Особенное окно

Валентина Агапова
В старенькой деревенской избе моего детства по фасаду располагалось три окна, и сбоку одно – полдённое, или полуденное. Так оно называлось потому, что выходило на южную сторону, а значит, «видело» солнце в полдень в зените. А фасадом изба была обращена  западу.

Одно из трёх окон, смотревших на запад, было пешное, или печное. Оно располагалось близко к углу, одна стена которого была северной, а значит, и холодной. Окно настолько «поизносилось», что даже вторую, зимнюю, раму уже не выставляли. Кстати, внизу зимних рам когда-то крепился брусок с выдолбленными в нём желобками, куда стекал конденсат, или влага растаявшей наледи на стёклах внизу окна. Её приходилось вымакивать тряпкой. Пешной чулан (или упичь), куда печка выходила своим устьем, небольшой и все пары от варившейся в печи картошки для скотины, варев разных, запариваний, постоянно оседали на окне, стекали на раму, на подоконник, отчего те быстро сгнили, и зимняя рама - тоже, вместе с собирающими воду желобками.
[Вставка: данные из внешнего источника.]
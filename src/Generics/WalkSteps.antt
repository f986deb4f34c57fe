-- ===== src/Generics/WalkSteps.antt =====
-- What the walk over statements (Compiler/generics.cpp) does to the instances.
use noe_code.Prelude.{ℕ, zero, suc, refl, List, [], ◌∷◌, Option, none, some, Text}
use noe_code.Ast.{
  Span, Parameter, Expr, Exprs, literal, name, unary, binary, call, cast, index, member, array,
  no_exprs, more_exprs, Stmt, Stmts, OptStmt, expr_stmt, let_stmt, block_stmt, if_stmt, while_stmt,
  return_stmt, throw_stmt, function_stmt, record_stmt, import_stmt, module_stmt, no_stmts,
  more_stmts, no_stmt, some_stmt, RecordField,
}
use noe_code.Generics.State.{Monomorphizer, exhaust, ensure_type}
use noe_code.Generics.Calls.{Env, Called, ensure_opt, process_call}
use noe_code.Generics.Monomorphize.{
  infer, infer_args, process_stmt, process_stmts, process_branch, process_body, ensure_params,
  ensure_fields,
}
use noe_code.Generics.Ensured.{Appended-refl, Ensures, ensure_type-Ensures}
use noe_code.Generics.Bare.{process_body-bare}
use noe_code.Generics.Instantiated.{
  IsInstanced, IsInstanced-refl, IsInstanced-trans, reported-IsInstanced, IsEnsured-IsInstanced,
  Instances, IsCall,
}
use noe_code.Generics.CallSteps.{ensure_opt-IsEnsured, process_call-IsCall}

-- A finished call keeps the instances.
abbrev pub Finishes : (Span → Expr → List Text → Monomorphizer → Called) → Type 0
Finishes finish =
    (sp : Span) (e : Expr) (ts : List Text) (m : Monomorphizer)
    → IsInstanced m (finish sp e ts m).state

module _ (ensure : Text → Monomorphizer → Monomorphizer) (ensures : Ensures ensure)
    (finish : Span → Expr → List Text → Monomorphizer → Called) (finishes : Finishes finish) where
  mutual
    unfolding infer infer_args

    infer-Step :
        (e : Expr) (env : Env) (m : Monomorphizer)
        → IsInstanced m (infer ensure finish env e m).state
    infer-Step (literal sp v) env m = IsInstanced-refl m
    infer-Step (name sp x) env m = IsInstanced-refl m
    infer-Step (cast sp e t) env m = IsEnsured-IsInstanced (ensures t m)
    infer-Step (unary sp op e w q) env m = infer-Step e env m
    infer-Step (binary sp l op e) env m =
        IsInstanced-trans (infer-Step l env m)
          (infer-Step e env (infer ensure finish env l m).state)
    infer-Step (array sp no_exprs w) env m = IsInstanced-refl m
    infer-Step (array sp (more_exprs e es) w) env m = infer-Step e env m
    infer-Step (index sp o i info) env m = infer-Step o env m
    infer-Step (member sp o x info) env m = infer-Step o env m
    infer-Step (call sp f es info) env m =
        let r = infer_args ensure finish env es m in
        IsInstanced-trans (infer_args-Step es env m) (finishes sp f r.types r.state)

    infer_args-Step :
        (es : Exprs) (env : Env) (m : Monomorphizer)
        → IsInstanced m (infer_args ensure finish env es m).state
    infer_args-Step no_exprs env m = IsInstanced-refl m
    infer_args-Step (more_exprs e es) env m =
        IsInstanced-trans (infer-Step e env m)
          (infer_args-Step es env (infer ensure finish env e m).state)

  opt-Step : (t : Option Text) (m : Monomorphizer) → IsInstanced m (ensure_opt ensure t m)
  opt-Step t m = IsEnsured-IsInstanced (ensure_opt-IsEnsured ensure ensures t m)

  mutual
    unfolding process_stmt process_stmts process_branch

    stmt-Step :
        (s : Stmt) (env : Env) (m : Monomorphizer)
        → IsInstanced m (process_stmt ensure finish s env m).2
    stmt-Step (expr_stmt sp e) env m = infer-Step e env m
    stmt-Step (let_stmt sp c x t e) env m =
        IsInstanced-trans (infer-Step e env m) (opt-Step t (infer ensure finish env e m).state)
    stmt-Step (return_stmt sp none) env m = IsInstanced-refl m
    stmt-Step (return_stmt sp (some e)) env m = infer-Step e env m
    stmt-Step (throw_stmt sp e) env m = infer-Step e env m
    stmt-Step (block_stmt sp body u) env m = stmts-Step body env m
    stmt-Step (if_stmt sp e s o) env m =
        let c = infer ensure finish env e m in
        let a = process_stmt ensure finish s env c.state in
        IsInstanced-trans (infer-Step e env m)
          (IsInstanced-trans (stmt-Step s env c.state) (branch-Step o env a.2))
    stmt-Step (while_stmt sp e s) env m =
        IsInstanced-trans (infer-Step e env m) (stmt-Step s env (infer ensure finish env e m).state)
    stmt-Step (function_stmt g body) env m = IsInstanced-refl m
    stmt-Step (record_stmt r) env m = IsInstanced-refl m
    stmt-Step (import_stmt sp x) env m = IsInstanced-refl m
    stmt-Step (module_stmt sp x) env m = IsInstanced-refl m

    stmts-Step :
        (ss : Stmts) (env : Env) (m : Monomorphizer)
        → IsInstanced m (process_stmts ensure finish ss env m).1
    stmts-Step no_stmts env m = IsInstanced-refl m
    stmts-Step (more_stmts s ss) env m =
        let r = process_stmt ensure finish s env m in
        IsInstanced-trans (stmt-Step s env m) (stmts-Step ss r.1 r.2)

    branch-Step :
        (o : OptStmt) (env : Env) (m : Monomorphizer)
        → IsInstanced m (process_branch ensure finish o env m).1
    branch-Step no_stmt env m = IsInstanced-refl m
    branch-Step (some_stmt s) env m = stmt-Step s env m

  pub process_stmt-IsInstanced :
      (s : Stmt) (env : Env) (m : Monomorphizer)
      → IsInstanced m (process_stmt ensure finish s env m).2
  process_stmt-IsInstanced s env m = stmt-Step s env m

  pub process_stmts-IsInstanced :
      (ss : Stmts) (env : Env) (m : Monomorphizer)
      → IsInstanced m (process_stmts ensure finish ss env m).1
  process_stmts-IsInstanced ss env m = stmts-Step ss env m

module _ (ensure : Text → Monomorphizer → Monomorphizer) (ensures : Ensures ensure) where
  pub ensure_params-IsInstanced :
      (ps : List Parameter) (m : Monomorphizer) → IsInstanced m (ensure_params ensure ps m)
  unfolding ensure_params
  ensure_params-IsInstanced [] m = IsInstanced-refl m
  ensure_params-IsInstanced (p ∷ ps) m =
      IsInstanced-trans (IsEnsured-IsInstanced (ensure_opt-IsEnsured ensure ensures p.annotation m))
        (ensure_params-IsInstanced ps (ensure_opt ensure p.annotation m))

  pub ensure_fields-IsInstanced :
      (fs : List RecordField) (m : Monomorphizer) → IsInstanced m (ensure_fields ensure fs m)
  unfolding ensure_fields
  ensure_fields-IsInstanced [] m = IsInstanced-refl m
  ensure_fields-IsInstanced (f ∷ fs) m =
      IsInstanced-trans (IsEnsured-IsInstanced (ensures f.type_name m))
        (ensure_fields-IsInstanced fs (ensure f.type_name m))

process_body-steps :
    (f : ℕ) (s : Stmts) (env : Env) (m : Monomorphizer) → IsInstanced m (process_body f s env m).1
unfolding process_body exhaust
process_body-steps zero s env m = reported-IsInstanced refl refl refl (Appended-refl m.diagnostics)
process_body-steps (suc f) s env m =
    process_stmts-IsInstanced (ensure_type f) (ensure_type-Ensures f)
      (process_call (ensure_type f) (process_body f))
      (λ sp e ts n.
        (process_call-IsCall (ensure_type f) (ensure_type-Ensures f) (process_body f)
          (record { state = process_body-steps f; body = process_body-bare f }) sp e ts n).0)
      s env m

pub process_body-Instances : (f : ℕ) → Instances (process_body f)
process_body-Instances f = record { state = process_body-steps f; body = process_body-bare f }

-- A call of a function leaves the functions of the program and the instances that there are as they
-- are, and keeps every diagnostic, in order. The instances that it adds are copies of generic functions
-- of the program if those before are: each has the parameters, the result and the body of one of them
-- with types put in for its generic parameters, where only the names of callees in the body may differ.
-- Of the callee nothing but the name changes, and if the cache has names of instances only, that stays
-- as it is or becomes the name of an instance.
pub process_call-leads_to_instance :
    (f : ℕ) (sp : Span) (callee : Expr) (args : List Text) (m : Monomorphizer)
    → IsCall callee m (process_call (ensure_type f) (process_body f) sp callee args m)
process_call-leads_to_instance f sp callee args m =
    process_call-IsCall (ensure_type f) (ensure_type-Ensures f) (process_body f)
      (process_body-Instances f) sp callee args m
Поэтому окно уже и не трогали даже в большие праздники, разве лишь протирали стёкла.

Окно у красного угла - двустворчатое, как и полдённое. Но я не помню, чтобы оно когда-либо открывалось, шпингалеты заржавели. А вот окно с южной стороны иногда распахивалось.

Третье, среднее окно, отличалось от других. Правая его створка была подвижной. Чтобы открыть её, нужно убрать из полозка палочку, которая мешала движению, и толкнуть подвижную половинку окна. Это окно мне тоже очень нравилось, как и полдённое. Маленькой, оно мне служило вместо двери. Мама ругалась почему-то за мои входы и выходы через него, ведь я никакого урона окну не наносила. Оно было как бы моим.  Когда вечером, играя на тёплой завалинке, ждала маму с работы, у того же окна и засыпала.

И только уже довольно-таки поздно, когда мамы не стало, я узнала, почему это окно отличалось от других. Оказывается, оно служило для того, чтобы нищим подавать милостыню. Открыть его при необходимости можно было ровно настолько, чтобы кусок хлеба прошёл в открывшуюся широкую щель. Видимо, во избежание каких-либо неожиданностей. Или чтобы в холодное время тепло не выпускать из избы.  Бабушка и дедушка были набожными. Особенно дед. На фотографии он добродушен. Бабушка строго смотрит в объектив. Хорошо, что на фото они остались. Я-то родилась уже тогда, когда оба ушли в мир иной. Иначе я и не представляла бы, какими они были. И это окно у них, по-видимому, особенно почиталось. Около него останавливались божии люди, молились, просили милостыню Христа ради. Через него делалось богоугодное дело – подавалась милостыня.

Об этом назначение окна тогда знать я и не могла, потому что ни разу не видела нищих у нашей избы. Хотя в селе они иногда бывали. По-видимому, нищенство, как средство к существованию, изживало себя. Да и государство стало ставить препоны, ведь голи перекатной к тому времени (середина пятидесятых) уже как будто бы и не оставалось.

Но нищие в селе всё-таки появлялись. Приходил издалека Шура Маргушинский (из села Маргуша). Высокий худой старик. Он был глупеньким. Мальчишки, бегая за ним, кричали: «Смертию смерть поправ, воробей живёт в дровах». Видимо, именно так просил милостыню этот нищенствующий старик.

Была и деревенская нищенка, тоже старая - Любонька. И она была глупенькой, но доброй. Над ней не смеялись. Любонька всё ещё пыталась выходить с корзинкой по миру, но родственники запрещали ей это делать.

Появлялась в селе и ещё одна нищенка, Дунька, фамилия уже забылась. Не старая, приходившая не известно откуда. Запомнилась тем, что ходила она (как говорили, и зимой и летом) в резиновых ботиках на каблуках. Походка её была странной: шагая, выворачивала ступни, ставила их носками не вперёд, а вбок. Её я видела летом в этих ботиках. С виду тоже глуповатая. Уже взрослой неожиданно встретила её. Маленькая бойкая бабёнка, с нормальной походкой, но сильно себе на уме…
 
Думалось, что нищенство - это далёкое прошлое. Однако сей промысел Божий ожил. И  в основном, действительно, как промысел…

А то «подавальческое» окно имеет какое-то своё название. К сожалению, не удалось сохранить в памяти, какое.